German Ceramic Society (DKG)
- Formation: 1919 (1913)
- Legal status: Registered association
- Purpose: Promotion and advancement of ceramics in industry, science and teaching
- Headquarters: Cologne, Germany
- Membership: Approx. 600 personal and 250 institutional members
- Managing Director: Dr. Detlev Nicklas
- Website: https://www.dkg.de

= German Ceramic Society =

The German Ceramic Society is an association founded in 1919 and headquartered in the city of Cologne, Germany. With its more than 600 personal and 250 institutional members, it is the largest ceramics society in Europe. Worldwide, it is one of the oldest associations in this field.

The society is not only a technical-scientific association, it is also a trade association which works for the advancement of ceramics and related fields.

The German Ceramic Society is a founding member of the European Ceramic Society.

==Tasks and activities==
Based on its charter, the role of the association is “the promotion of the entire ceramic sector regarding technical, scientific and artistic matters“. Today, the activities of the society are subdivided in four main sections:

- Research and Development
- Training and Further Education
- Dialogue and Debate
- Art, Design and Culture.

The organization has 15 expert committees and community committees that undertake research projects, often in cooperation with other associations and organizations. The prime objective of the projects is the solution of a basic industrial practice, but the groups also undertake theoretical problems concerning all areas of ceramics and related specialist fields.

Research funding and the coordination of the research projects is provided by the autonomous research community of the German Ceramic Society.
Within the association, there are two expert committees that operate independently: The Carbon Task Force, which is also part of the European Carbon Association, and the Ceramic Injection Moulding Expert Group, which was founded in 2008.
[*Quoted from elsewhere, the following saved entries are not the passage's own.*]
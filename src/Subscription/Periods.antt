-- ===== src/Subscription/Periods.antt =====
-- internal/subscription/service.go: the periods of a user's subscriptions.
use dating_app_backend.Prelude.{
  ℕ, ◌≤◌, ◌≡◌, inl, inr, Bool, true, ◌&&◌, Option, List, [], ◌∷◌, ◌==◌, All, store_of, Leaves,
  Bool-cases, Result-cases, arith, ◌>>=◌, Leaves-transaction, Text,
}
use dating_app_backend.Subscription.Model.{
  database, pending, under_review, approved, rejected, canceled, PaymentStatus,
  ManualPaymentRequest, UserSubscription, ReviewAction, SubDb, is_active_subscription,
}
use dating_app_backend.Subscription.Entitlements.{decode_entitlements}
use dating_app_backend.Subscription.Review.{
  ReviewSite, lock_subscriptions, latest_expiry, insert_subscription, update_request, insert_review,
  insert_audit, review_commit, next_subscription_start, insert_new_subscription,
  insert_review_and_audit, review_action, approve_open, approve_as, approve_row, approve_tx,
  locked_request, approve_payment_request,
}
use dating_app_backend.Subscription.Kept.{locked_request-kept, approve_payment_request-kept}

abbrev pub is_active_of : ℕ → UserSubscription → Bool
is_active_of user s = s.user_id == user && is_active_subscription s.status

-- An active subscription of the same user has ended when `s` starts.
abbrev pub EndsBefore : UserSubscription → UserSubscription → Type 0
EndsBefore s earlier = is_active_of s.user_id earlier ≡ true → earlier.expires_at ≤ s.starts_at

-- Newest first: each subscription starts when the user's older active ones have ended.
abbrev pub NoOverlap : List UserSubscription → Type 0
NoOverlap [] = Unit
NoOverlap (s ∷ rows) = All (EndsBefore s) rows × NoOverlap rows

now≤next_subscription_start :
    (user now : ℕ) (rows : List UserSubscription) → now ≤ next_subscription_start user now rows
unfolding next_subscription_start
now≤next_subscription_start user now [] = omega arith
now≤next_subscription_start user now (s ∷ rows) =
    ground (arith, now≤next_subscription_start user now rows)

next_subscription_start_bound :
    (user now b : ℕ) (rows : List UserSubscription)
    → next_subscription_start user now rows ≤ b
    → All (λ y. is_active_of user y ≡ true → y.expires_at ≤ b) rows
unfolding next_subscription_start
next_subscription_start_bound user now b [] h = tt
next_subscription_start_bound user now b (s ∷ rows) h = (
  λ e. ground (arith, now≤next_subscription_start user now rows),
  next_subscription_start_bound user now b rows (ground arith),
)

module _ (faults : ReviewSite → Bool) where
  abbrev PeriodsOk : SubDb → Type 0
  PeriodsOk db = NoOverlap db.subscriptions

  insert_review_and_audit-PeriodsOk :
      (a : ReviewAction) (db : SubDb)
      → PeriodsOk db
      → Leaves PeriodsOk (insert_review_and_audit faults a db)
  insert_review_and_audit-PeriodsOk a db h = elim (Bool-cases (faults insert_review)) [
    | inl f ↦ rw f h
    | inr f ↦ rw f (elim (Bool-cases (faults insert_audit)) [ inl g ↦ rw g h | inr g ↦ rw g h ])
  ]

  added :
      (uuid : ℕ) (row : ManualPaymentRequest) (now : ℕ) (db : SubDb)
      → PeriodsOk db
      → PeriodsOk (
          insert_new_subscription uuid now
            (next_subscription_start row.user_id now db.subscriptions)
            row
            db)
  added uuid row now db h = (
    next_subscription_start_bound row.user_id now
        (next_subscription_start row.user_id now db.subscriptions) db.subscriptions (omega arith),
    h,
  )

  approve_open-PeriodsOk :
      (uuid now admin : ℕ) (remark : Option Text) (row : ManualPaymentRequest) (db : SubDb)
      → PeriodsOk db
      → Leaves PeriodsOk (approve_open faults uuid now admin remark row db)
  unfolding approve_open
  approve_open-PeriodsOk uuid now admin remark row db h =
      elim (Result-cases (decode_entitlements row.entitlements)) [
        | inr (e, q) ↦ rw (q, approve_open) h
        | inl (x, q) ↦
            rw (q, approve_open)
              (elim (Bool-cases (faults lock_subscriptions)) [
                | inl f ↦ rw f h
                | inr f ↦
                    rw (f, ◌>>=◌)
                      (elim (Bool-cases (faults latest_expiry)) [
                        | inl g ↦ rw g h
                        | inr g ↦
                            rw (g, ◌>>=◌)
                              (elim (Bool-cases (faults insert_subscription)) [
                                | inl k ↦ rw k h
                                | inr k ↦
                                    rw (k, ◌>>=◌)
                                      (elim (Bool-cases (faults update_request)) [
                                        | inl l ↦ rw l (added uuid row now db h)
                                        | inr l ↦
                                            rw (l, ◌>>=◌)
                                              (insert_review_and_audit-PeriodsOk
                                                (review_action admin row approved remark) _
                                                (added uuid row now db h))
                                      ])
                              ])
                      ])
              ])
      ]

  approve_row-PeriodsOk :
      (uuid now admin : ℕ) (remark : Option Text) (row : ManualPaymentRequest) (db : SubDb)
      → PeriodsOk db
      → Leaves PeriodsOk (approve_row faults uuid now admin remark row db)
  approve_row-PeriodsOk uuid now admin remark row db h = go row.status
    where
      go : (t : PaymentStatus) → Leaves PeriodsOk (approve_as faults uuid now admin remark row t db)
      go pending = approve_open-PeriodsOk uuid now admin remark row db h
      go under_review = approve_open-PeriodsOk uuid now admin remark row db h
      go approved = h
      go rejected = h
      go canceled = h

  approve_tx-PeriodsOk :
      (su now admin : ℕ) (remark : Option Text) (uuid : ℕ) (db : SubDb)
      → PeriodsOk db
      → Leaves PeriodsOk (approve_tx faults su now admin remark uuid db)
  unfolding approve_tx
  approve_tx-PeriodsOk su now admin remark uuid db h =
      Leaves-transaction PeriodsOk (faults review_commit) database db
        (locked_request faults uuid (approve_row faults su now admin remark) db) h
        (locked_request-kept faults PeriodsOk uuid (approve_row faults su now admin remark) db h
          (λ row _. approve_row-PeriodsOk su now admin remark row db h))

  -- If each active subscription starts when the older active ones of its user have ended, this still
  -- holds after a call of `ApprovePaymentRequest`, however it ends.
  pub approve_payment_request-NoOverlap :
      (parse_uuid : Text → Option ℕ) (subscription_uuid now admin : ℕ) (raw_uuid remark : Text)
      (db : SubDb)
      → NoOverlap db.subscriptions
      → NoOverlap
          (store_of (
            approve_payment_request faults parse_uuid subscription_uuid now admin raw_uuid remark
              db)).subscriptions
  approve_payment_request-NoOverlap parse_uuid su now admin raw remark db h =
      approve_payment_request-kept faults PeriodsOk parse_uuid su now admin raw remark db h
        (λ uuid r _. approve_tx-PeriodsOk su now admin r uuid db h)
The society and the affiliated committees organize specialist conferences, training seminars and trade fairs. A key event is the traditional annual meeting during which speakers from all areas of the ceramic industry give lectures on current issues. It is also the co-publisher of two association journals - the application-oriented journal „cfi News / Berichte der DKG“ and the scientific „Journal of Ceramic Science and Technology“

==Structure of the association==

The governing bodies of the association are the general members meeting, the executive board, the head of scientific works and the management.
During the annual meetings, the members elect the executive board which may consist of up to 20 persons. The association’s executive board is responsible for the programmatic and thematic conception of the society's activities. It is also responsible for the budget and the management of the assets.
The head of scientific works is a member of the executive board and also a member of the presidium. Her or his task is to put into practice the purpose of the association in the scientific field. The management board is responsible for day-to-day business.
In case of decisions that require approval, the presidium must be consulted. It consists of five members of the executive board.

==History==

The decision to establish the German Ceramic Society was taken on September 29, 1919. In the course of a reorganization, it was developed from the independent technical-scientific department of a federation of ceramic trades that existed since 1913, the „Verband Keramischer Gewerke“. The main reason for the spin-off was to maintain the competitiveness of the German industrial companies by combining their different research activities.
The spin-off was significantly brought forward by Philipp Rosenthal, who was at the time president of the federation.

The first professorship for ceramics in Germany was set up at the Technische Hochschule in Charlottenburg (now Technische Universität Berlin) in 1921. The chemical-technical experimental station of the Royal Porcelain Manufacture in Berlin was recognized as a university institute and received the authorization to accept diploma theses and dissertations.
After the Second World War, the society was disbanded, as were all other German associations. The re-creation of the organization took place on 19 March 1949, in the city of Bonn. In the following year, it was admitted as an active member of the European Union of Ceramics Associations.
With the support of the society in a short period of time, university institutes for ceramics were opened or reopened in the cities of Aachen, Berlin, Clausthal, and Erlangen. The Institute for Silicate Research in Wuerzburg was also reopened.

The main focus of the work shifted to research and training, and to the support of ceramic craftwork and the international linkage of the German ceramics industry. In the 1960s, interdisciplinary research became the focus of the association’s attention. In the context of German reunification, the exchange with the newly formed German states was successfully taken up.

==Members==

Membership includes 600 individuals, 175 companies, and about 60 universities and technical colleges, institutes and other facilities. Cooperative agreements exist with 18 national and international industrial associations and research groupings.